> [What to work on] The lines to copy are those holding the string "none" in the entries below.

=====

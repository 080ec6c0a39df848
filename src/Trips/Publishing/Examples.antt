-- ===== src/Trips/Publishing/Examples.antt =====
-- PublishTrip on the small planner.
use eastbay_overland_rally_p.Prelude.{◌≡◌, ◌↔◌, refl, [], ◌∷◌}
use eastbay_overland_rally_p.Prelude.Assoc.{lookup, insert}
use eastbay_overland_rally_p.Domain.{Trip, TripDetails}
use eastbay_overland_rally_p.Ports.{ok}
use eastbay_overland_rally_p.Demo.{demo, start, ready_draft, shown, shown_member}
use eastbay_overland_rally_p.Memory.Trips.{get_by_id, save}
use eastbay_overland_rally_p.Memory.Rsvps.{list_by_trip}
use eastbay_overland_rally_p.Trips.Access.{
  load_organized_trip, load_visible_trip, load_trip, is_trip_visible_to_caller, is_organizer,
  is_organizer_id_in_slice,
}
use eastbay_overland_rally_p.Trips.Views.{
  trip_details_for_trip, load_member_summaries_sorted, trip_rsvp_summary_for_trip,
  load_organizer_summaries, to_domain_details, to_domain_summary,
}
use eastbay_overland_rally_p.Sorting.{sort_slice}
use eastbay_overland_rally_p.Text.{trim_space, join}
use eastbay_overland_rally_p.Format.{format_int, format_nat, format_date, date_of_day}
use eastbay_overland_rally_p.Memory.Members
use eastbay_overland_rally_p.Trips.Publishing.{
  required_publish_fields_missing, is_text, publish_draft, publish_status, publish_trip,
  announcement_copy_from_trip,
}
use eastbay_overland_rally_p.Trips.Publishing.Readiness.{
  IsReady, required_publish_fields_missing_iff,
}
use eastbay_overland_rally_p.Trips.Publishing.Announced.{Announced, publish_trip-ok}

required_publish_fields_missing_iff_example :
    (required_publish_fields_missing ready_draft ≡ []) ↔ IsReady ready_draft
required_publish_fields_missing_iff_example = required_publish_fields_missing_iff ready_draft

abbrev ready_details : TripDetails
ready_details = shown ready_draft (shown_member "m-ann" "Ann" ∷ [])

ready_publishes :
    (publish_trip demo "m-ann" "t-ready" start).0
    ≡ ok (ready_details, announcement_copy_from_trip ready_details)
unfolding publish_trip publish_status publish_draft load_organized_trip load_visible_trip load_trip
    is_trip_visible_to_caller is_organizer is_organizer_id_in_slice get_by_id save lookup insert
    required_publish_fields_missing is_text trim_space trip_details_for_trip list_by_trip
    load_member_summaries_sorted trip_rsvp_summary_for_trip load_organizer_summaries
    to_domain_details to_domain_summary sort_slice Members.get_by_id
ready_publishes = refl

publish_trip-ok_example :
    (t : Trip) × (load_organized_trip demo "m-ann" "t-ready" start ≡ ok t)
    × Announced demo "m-ann" "t-ready" start t ready_details
        (announcement_copy_from_trip ready_details)
        (publish_trip demo "m-ann" "t-ready" start).1
publish_trip-ok_example =
    publish_trip-ok demo "m-ann" "t-ready" start ready_details
      (announcement_copy_from_trip ready_details) ready_publishes

ready_announcement :
    announcement_copy_from_trip ready_details
    ≡ "Trip: Rubicon\nDates: 0000-01-01 to 0000-01-01\nCapacity: 2 rigs\nMeet: Loon Lake\n\nThree days\n\nRSVP in the app once you’re ready."
unfolding announcement_copy_from_trip join is_text trim_space format_int format_nat format_date
    date_of_day
ready_announcement = refl
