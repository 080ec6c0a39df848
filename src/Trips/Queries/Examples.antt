-- ===== src/Trips/Queries/Examples.antt =====
-- The listings on the small planner.
use eastbay_overland_rally_p.Prelude.{◌≡◌, refl, [], ◌∷◌}
use eastbay_overland_rally_p.Sorting.{sort_slice}
use eastbay_overland_rally_p.Ports.{ok}
use eastbay_overland_rally_p.Demo.{demo, start, live_trip, ready_draft, secret_draft}
use eastbay_overland_rally_p.Memory.Trips.{
  list_published_and_canceled, list_drafts_visible_to, is_draft_visible_to, trip_less,
}
use eastbay_overland_rally_p.Trips.Views.{to_domain_summary}
use eastbay_overland_rally_p.Trips.Queries.{list_visible_trips_for_member, list_my_draft_trips}

bob_sees_the_live_trip :
    list_visible_trips_for_member demo "m-bob" start ≡ ok (to_domain_summary live_trip ∷ [])
unfolding list_visible_trips_for_member list_published_and_canceled sort_slice
bob_sees_the_live_trip = refl

ann_has_two_drafts :
    list_my_draft_trips demo "m-ann" start
    ≡ ok (to_domain_summary ready_draft ∷ to_domain_summary secret_draft ∷ [])
unfolding list_my_draft_trips list_drafts_visible_to is_draft_visible_to sort_slice trip_less
ann_has_two_drafts = refl

bob_has_no_draft : list_my_draft_trips demo "m-bob" start ≡ ok []
unfolding list_my_draft_trips list_drafts_visible_to is_draft_visible_to sort_slice trip_less
bob_has_no_draft = refl
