-- ===== src/Workbench/Tests.antt =====
-- The theorems on the workbench at concrete states.
use mathlib.Core.Option
use whats_going_on.Prelude.{true, ◌≡◌, ◌≢◌, refl, none, [], ◌∷◌, if◌then◌else◌}
use whats_going_on.Workbench.Model.{
  same_iff, find_pane, find_tab, same, daemon, files, processes, terminal, windows, WorkbenchPane,
  WorkbenchState, at_end, has_tab,
}
use whats_going_on.Workbench.Tabs.{
  activate_pane_tab, close_in_pane, create_workbench_tab, create_files_tab, new_id,
}
use whats_going_on.Workbench.State.{initial_state, add_files_tab, add_pane}
use whats_going_on.Workbench.Moves.{move_tab, move_tab_to_new_pane}
use whats_going_on.Workbench.Counts.{count_tabs, count_pane}
use whats_going_on.Workbench.History.{PaneOk, activate_pane_tab-PaneOk}
use whats_going_on.Workbench.Panes.{
  close_in_pane-activate_pane_tab, activate_pane_tab-active_tab_id,
}
use whats_going_on.Workbench.Invariant.{Inv}
use whats_going_on.Workbench.Moved.{Keeps, move_tab-Keeps}
use whats_going_on.Workbench.NewPane.{move_tab_to_new_pane-Keeps}
use whats_going_on.Workbench.Opening.{FreshTabs}
use whats_going_on.Workbench.Reach.{Reach, here, next, files_in, add, Reach-Inv}
use whats_going_on.Workbench.Scopes.{
  tab_atom, pane_atom, dirty_atom, set_dirty, tab_focused_atom, tab_select_tab,
}
use whats_going_on.Workbench.Focus.{tab_focused_atom-tab_select_tab, dirty_atom-set_dirty}

-- Two panes, of two files tabs and of one.
abbrev first : WorkbenchState Unit
first = initial_state tt "p" "t"

abbrev two_tabs : WorkbenchState Unit
two_tabs = (add_files_tab "u" "pane-p" none first).0

abbrev two_panes : WorkbenchState Unit
two_panes = (add_pane none "v" "q" none two_tabs []).0

u-FreshTabs : FreshTabs "u" first.panes
unfolding same new_id initial_state count_tabs
u-FreshTabs daemon = refl
u-FreshTabs files = refl
u-FreshTabs processes = refl
u-FreshTabs terminal = refl
u-FreshTabs windows = refl

v-FreshTabs : FreshTabs "v" two_tabs.panes
unfolding same new_id has_tab initial_state add_files_tab count_tabs
v-FreshTabs daemon = refl
v-FreshTabs files = refl
v-FreshTabs processes = refl
v-FreshTabs terminal = refl
v-FreshTabs windows = refl

w-FreshTabs : FreshTabs "w" two_panes.panes
unfolding same new_id has_tab initial_state add_files_tab add_pane count_tabs
w-FreshTabs daemon = refl
w-FreshTabs files = refl
w-FreshTabs processes = refl
w-FreshTabs terminal = refl
w-FreshTabs windows = refl

two_panes-Reach : Reach first two_panes
unfolding same new_id has_tab initial_state add_files_tab count_pane
two_panes-Reach =
    next (next here (files_in "u" "pane-p" none u-FreshTabs))
      (add none "v" "q" none [] v-FreshTabs refl)

Reach-Inv_example : Inv two_panes.panes
Reach-Inv_example = Reach-Inv tt "p" "t" two_panes two_panes-Reach

two_panes-Inv : Inv two_panes.panes
two_panes-Inv = Reach-Inv tt "p" "t" two_panes two_panes-Reach

move_tab-Keeps_example :
    Keeps two_panes.panes (move_tab "pane-p" "files-u" "pane-q" none at_end two_panes).0.panes
move_tab-Keeps_example =
    move_tab-Keeps "pane-p" "files-u" "pane-q" none at_end two_panes two_panes-Inv

move_tab_to_new_pane-Keeps_example :
    Keeps two_panes.panes (move_tab_to_new_pane "r" "pane-p" "files-u" "pane-q" two_panes).0.panes
unfolding same new_id has_tab initial_state add_files_tab add_pane count_pane
move_tab_to_new_pane-Keeps_example =
    move_tab_to_new_pane-Keeps "r" "pane-p" "files-u" "pane-q" two_panes refl two_panes-Inv

abbrev pane : WorkbenchPane
pane = record {
  id = "pane-p";
  tabs = create_files_tab "t" none ∷ create_files_tab "u" none ∷ [];
  active_tab_id = "files-t";
}

named : pane.active_tab_id ≢ ""
unfolding same
named e = cc

apart : pane.active_tab_id ≢ "files-u"
unfolding same
apart e = cc ((same_iff "files-t" "files-u").1 e)

close_in_pane-activate_pane_tab_example :
    (close_in_pane (activate_pane_tab pane "files-u") "files-u").active_tab_id ≡ pane.active_tab_id
unfolding same new_id has_tab create_files_tab create_workbench_tab
close_in_pane-activate_pane_tab_example =
    close_in_pane-activate_pane_tab pane "files-u" refl named apart refl

activate_pane_tab-active_tab_id_example :
    (activate_pane_tab pane "files-u").active_tab_id
    ≡ (if has_tab "files-u" pane.tabs then "files-u" else pane.active_tab_id)
unfolding same new_id has_tab create_files_tab create_workbench_tab
activate_pane_tab-active_tab_id_example = activate_pane_tab-active_tab_id pane "files-u" refl

activate_pane_tab-PaneOk_example : PaneOk (activate_pane_tab pane "files-u")
activate_pane_tab-PaneOk_example = activate_pane_tab-PaneOk pane "files-u" tt

abbrev one_pane : WorkbenchState Unit
one_pane = record { layout = tt; active_pane_id = none; panes = pane ∷ [] }

tab_focused_atom-tab_select_tab_example :
    tab_focused_atom "pane-p" "files-u" (tab_select_tab "pane-p" "files-u" one_pane) ≡ true
unfolding same new_id find_pane has_tab create_files_tab create_workbench_tab
tab_focused_atom-tab_select_tab_example =
    tab_focused_atom-tab_select_tab "pane-p" "files-u" one_pane pane refl refl refl

dirty_atom-set_dirty_example :
    dirty_atom "pane-p" "files-u" (set_dirty "pane-p" "files-u" true one_pane) ≡ true
unfolding same new_id find_pane has_tab create_files_tab create_workbench_tab tab_atom pane_atom
    Option.bind find_tab
dirty_atom-set_dirty_example =
    dirty_atom-set_dirty "pane-p" "files-u" true one_pane (create_files_tab "u" none) refl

=====

> [Exercise response]
use whats_going_on.Prelude.{true, ◌≡◌, ◌≢◌, refl, none, [], ◌∷◌, if◌then◌else◌}
two_tabs = (add_files_tab "u" "pane-p" none first).0
two_panes = (add_pane none "v" "q" none two_tabs []).0
    next (next here (files_in "u" "pane-p" none u-FreshTabs))
      (add none "v" "q" none [] v-FreshTabs refl)
    Keeps two_panes.panes (move_tab "pane-p" "files-u" "pane-q" none at_end two_panes).0.panes
    move_tab-Keeps "pane-p" "files-u" "pane-q" none at_end two_panes two_panes-Inv
  tabs = create_files_tab "t" none ∷ create_files_tab "u" none ∷ [];
one_pane = record { layout = tt; active_pane_id = none; panes = pane ∷ [] }
    dirty_atom-set_dirty "pane-p" "files-u" true one_pane (create_files_tab "u" none) refl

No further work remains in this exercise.